*What is needed*: In this exercise, reproduce all the entries that follow exactly.

(Saved data entries)
----------------------------------------

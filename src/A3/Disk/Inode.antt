-- ===== src/A3/Disk/Inode.antt =====
-- a3/fs/inode.c: the sectors of a file behind its direct, indirect and doubly indirect blocks, and reading.
pub mod Index
pub mod Words
pub mod DataSectors
use mcgill_ecse_427_operatin.Prelude.{
  ℕ, zero, suc, ◌+◌, ◌-◌, ◌*◌, ◌/◌, ◌%◌, Bool, true, false, not, ◌&&◌, ltb, leb, ◌==◌,
  if◌then◌else◌, Option, none, some, List, [], ◌∷◌, ◌++◌, Array, update,
}
use mcgill_ecse_427_operatin.Prelude.Int.{ℤ, pos, negsuc, pos_part}
use mcgill_ecse_427_operatin.A3.Disk.Sectors.{Io, pure, stop, ◌>>=◌, ◌>>◌, Sectors}

abbrev pub block_sector_size : ℕ
block_sector_size = 512

-- The bytes of a sector.
abbrev pub Bytes : Type 0
Bytes = Array ℕ

-- `blocks[i]` of a `struct inode_indirect_block_sector`, with the low byte first.
unfoldable pub block_word : Bytes → ℕ → ℕ
block_word b i = b (4 * i) + 256 * b (4 * i + 1) + 65536 * b (4 * i + 2) + 16777216 * b (4 * i + 3)

pub record InodeDisk : Type 0 where
  pub direct_blocks : Array ℕ
  pub indirect_block : ℕ
  pub doubly_indirect_block : ℕ
  pub is_dir : Bool
  pub length : ℤ
  pub magic : ℕ

pub record Inode : Type 0 where
  pub sector : ℕ
  pub open_cnt : ℕ
  pub removed : Bool
  pub deny_write_cnt : ℕ
  pub content : InodeDisk

-- What is asked of an open inode.
abbrev inode_get_inumber : Inode → ℕ
inode_get_inumber inode = inode.sector

abbrev pub inode_length : Inode → ℤ
inode_length inode = inode.content.length

abbrev pub inode_is_directory : Inode → Bool
inode_is_directory inode = inode.content.is_dir

abbrev pub inode_is_removed : Inode → Bool
inode_is_removed inode = inode.removed

abbrev pub div_round_up : ℕ → ℕ → ℕ
div_round_up x step = (x + step - 1) / step

abbrev pub bytes_to_sectors : ℕ → ℕ
bytes_to_sectors size = div_round_up size block_sector_size

abbrev pub min : ℕ → ℕ → ℕ
min a b = if ltb a b then a else b

-- -1 as a `block_sector_t`.
abbrev pub no_sector : ℕ
no_sector = 4294967295

-- `for (i = from; i < from + n; i++) out[cur++] = f(i);`
unfoldable pub copy_words : ℕ → ℕ → ℕ → (ℕ → ℕ) → Array ℕ → Array ℕ
copy_words zero from cur f out = out
copy_words (suc n) from cur f out = copy_words n (from + 1) (cur + 1) f (update out cur (f from))

-- The bytes from `ofs` of a sector.
unfoldable pub slice : Bytes → ℕ → ℕ → List ℕ
slice b ofs zero = []
slice b ofs (suc n) = b ofs ∷ slice b (ofs + 1) n

module _ {S : Type 0} (io : Sectors S Bytes) where
  -- DIRECT_BLOCKS_COUNT is 123 and INDIRECT_BLOCKS_PER_SECTOR is 128: the direct blocks end at 123, the
  -- indirect ones at 123 + 128, and the doubly indirect ones at 123 + 128 + 128 * 128.
  unfoldable pub index_to_sector : InodeDisk → ℕ → Io S ℕ
  index_to_sector d index =
      if ltb index 123
      then pure (d.direct_blocks index)
      else if ltb index 251
      then (do b ← io.read d.indirect_block; pure (block_word b (index - 123)))
      else if ltb index 16635
      then (do
        b ← io.read d.doubly_indirect_block
        b' ← io.read (block_word b ((index - 251) / 128))
        pure (block_word b' ((index - 251) % 128)))
      else pure no_sector

  -- A position before the file or behind its end has no sector.
  unfoldable pub byte_to_sector : InodeDisk → ℤ → Io S ℕ
  byte_to_sector d (negsuc p) = pure no_sector
  byte_to_sector d (pos p) =
      if ltb p (pos_part d.length)
      then index_to_sector d (p / block_sector_size)
      else pure no_sector

  -- The rounds of the outer loop for the doubly indirect block: `i` of `l2`, with `left` sectors to come.
  unfoldable pub doubly_sectors : ℕ → ℕ → ℕ → ℕ → Bytes → Array ℕ → Io S (Array ℕ)
  doubly_sectors zero i left cur b out = pure out
  doubly_sectors (suc n) i left cur b out = do
    let subsize = min left 128
    b' ← io.read (block_word b i)
    doubly_sectors n (i + 1) (left - subsize) (cur + subsize) b
        (copy_words subsize 0 cur (block_word b') out)

  -- The sectors of `num_sectors` blocks; more than can be indexed fail the assertion.
  unfoldable pub data_sectors : InodeDisk → ℕ → Array ℕ → Io S (Array ℕ)
  data_sectors d num_sectors out = do
    let l = min num_sectors 123
    let direct = copy_words l 0 0 d.direct_blocks out
    let l' = min (num_sectors - l) 128
    single ←
        if ltb 0 l'
        then (do b ← io.read d.indirect_block; pure (copy_words l' 0 l (block_word b) direct))
        else pure direct
    let l'' = min (num_sectors - l - l') 16384
    all ←
        if ltb 0 l''
        then (do
          b ← io.read d.doubly_indirect_block
          doubly_sectors (div_round_up l'' 128) 0 l'' (l + l') b single)
        else pure single
    if num_sectors - l - l' - l'' == 0 then pure all else stop

  abbrev sectors_of_length : InodeDisk → ℤ → Array ℕ → Io S (Option (Array ℕ))
  sectors_of_length d (negsuc n) out = pure none
  sectors_of_length d (pos n) out = do
    sectors ← data_sectors d (bytes_to_sectors n) out
    pure (some sectors)

  -- A null pointer for a negative length; `out` is what the allocated memory holds.
  unfoldable pub get_inode_data_sectors : InodeDisk → Array ℕ → Io S (Option (Array ℕ))
  get_inode_data_sectors d = sectors_of_length d d.length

----------------------------------------

*Output of the task*:
filename src/A3/Disk/Inode.antt
-- ===== src/A3/Disk/Inode.antt =====
-- a3/fs/inode.c: the sectors of a file behind its direct, indirect and doubly indirect blocks, and reading.
pub mod Index
pub mod Words
pub mod DataSectors
use mcgill_ecse_427_operatin.Prelude.{
  ℕ, zero, suc, ◌+◌, ◌-◌, ◌*◌, ◌/◌, ◌%◌, Bool, true, false, not, ◌&&◌, ltb, leb, ◌==◌,
  if◌then◌else◌, Option, none, some, List, [], ◌∷◌, ◌++◌, Array, update,
}
use mcgill_ecse_427_operatin.Prelude.Int.{ℤ, pos, negsuc, pos_part}
use mcgill_ecse_427_operatin.A3.Disk.Sectors.{Io, pure, stop, ◌>>=◌, ◌>>◌, Sectors}

abbrev pub block_sector_size : ℕ
block_sector_size = 512

-- The bytes of a sector.
abbrev pub Bytes : Type 0
Bytes = Array ℕ

-- `blocks[i]` of a `struct inode_indirect_block_sector`, with the low byte first.
unfoldable pub block_word : Bytes → ℕ → ℕ
block_word b i = b (4 * i) + 256 * b (4 * i + 1) + 65536 * b (4 * i + 2) + 16777216 * b (4 * i + 3)

pub record InodeDisk : Type 0 where
  pub direct_blocks : Array ℕ
  pub indirect_block : ℕ
  pub doubly_indirect_block : ℕ
  pub is_dir : Bool
  pub length : ℤ
  pub magic : ℕ

pub record Inode : Type 0 where
  pub sector : ℕ
  pub open_cnt : ℕ
  pub removed : Bool
  pub deny_write_cnt : ℕ
  pub content : InodeDisk

-- What is asked of an open inode.
abbrev inode_get_inumber : Inode → ℕ
inode_get_inumber inode = inode.sector

abbrev pub inode_length : Inode → ℤ
inode_length inode = inode.content.length

abbrev pub inode_is_directory : Inode → Bool
inode_is_directory inode = inode.content.is_dir

abbrev pub inode_is_removed : Inode → Bool
inode_is_removed inode = inode.removed

abbrev pub div_round_up : ℕ → ℕ → ℕ
div_round_up x step = (x + step - 1) / step

abbrev pub bytes_to_sectors : ℕ → ℕ
bytes_to_sectors size = div_round_up size block_sector_size

abbrev pub min : ℕ → ℕ → ℕ
min a b = if ltb a b then a else b

-- -1 as a `block_sector_t`.
abbrev pub no_sector : ℕ
no_sector = 4294967295

-- `for (i = from; i < from + n; i++) out[cur++] = f(i);`
unfoldable pub copy_words : ℕ → ℕ → ℕ → (ℕ → ℕ) → Array ℕ → Array ℕ
copy_words zero from cur f out = out
copy_words (suc n) from cur f out = copy_words n (from + 1) (cur + 1) f (update out cur (f from))

-- The bytes from `ofs` of a sector.
unfoldable pub slice : Bytes → ℕ → ℕ → List ℕ
slice b ofs zero = []
slice b ofs (suc n) = b ofs ∷ slice b (ofs + 1) n

module _ {S : Type 0} (io : Sectors S Bytes) where
  -- DIRECT_BLOCKS_COUNT is 123 and INDIRECT_BLOCKS_PER_SECTOR is 128: the direct blocks end at 123, the
  -- indirect ones at 123 + 128, and the doubly indirect ones at 123 + 128 + 128 * 128.
  unfoldable pub index_to_sector : InodeDisk → ℕ → Io S ℕ
  index_to_sector d index =
      if ltb index 123
      then pure (d.direct_blocks index)
      else if ltb index 251
      then (do b ← io.read d.indirect_block; pure (block_word b (index - 123)))
      else if ltb index 16635
      then (do
        b ← io.read d.doubly_indirect_block
        b' ← io.read (block_word b ((index - 251) / 128))
        pure (block_word b' ((index - 251) % 128)))
      else pure no_sector

  -- A position before the file or behind its end has no sector.
  unfoldable pub byte_to_sector : InodeDisk → ℤ → Io S ℕ
  byte_to_sector d (negsuc p) = pure no_sector
  byte_to_sector d (pos p) =
      if ltb p (pos_part d.length)
      then index_to_sector d (p / block_sector_size)
      else pure no_sector

  -- The rounds of the outer loop for the doubly indirect block: `i` of `l2`, with `left` sectors to come.
  unfoldable pub doubly_sectors : ℕ → ℕ → ℕ → ℕ → Bytes → Array ℕ → Io S (Array ℕ)
  doubly_sectors zero i left cur b out = pure out
  doubly_sectors (suc n) i left cur b out = do
    let subsize = min left 128
    b' ← io.read (block_word b i)
    doubly_sectors n (i + 1) (left - subsize) (cur + subsize) b
        (copy_words subsize 0 cur (block_word b') out)

  -- The sectors of `num_sectors` blocks; more than can be indexed fail the assertion.
  unfoldable pub data_sectors : InodeDisk → ℕ → Array ℕ → Io S (Array ℕ)
  data_sectors d num_sectors out = do
    let l = min num_sectors 123
    let direct = copy_words l 0 0 d.direct_blocks out
    let l' = min (num_sectors - l) 128
    single ←
        if ltb 0 l'
        then (do b ← io.read d.indirect_block; pure (copy_words l' 0 l (block_word b) direct))
        else pure direct
    let l'' = min (num_sectors - l - l') 16384
    all ←
        if ltb 0 l''
        then (do
          b ← io.read d.doubly_indirect_block
          doubly_sectors (div_round_up l'' 128) 0 l'' (l + l') b single)
        else pure single
    if num_sectors - l - l' - l'' == 0 then pure all else stop

  abbrev sectors_of_length : InodeDisk → ℤ → Array ℕ → Io S (Option (Array ℕ))
  sectors_of_length d (negsuc n) out = pure none
  sectors_of_length d (pos n) out = do
    sectors ← data_sectors d (bytes_to_sectors n) out
    pure (some sectors)

  -- A null pointer for a negative length; `out` is what the allocated memory holds.
  unfoldable pub get_inode_data_sectors : InodeDisk → Array ℕ → Io S (Option (Array ℕ))
  get_inode_data_sectors d = sectors_of_length d d.length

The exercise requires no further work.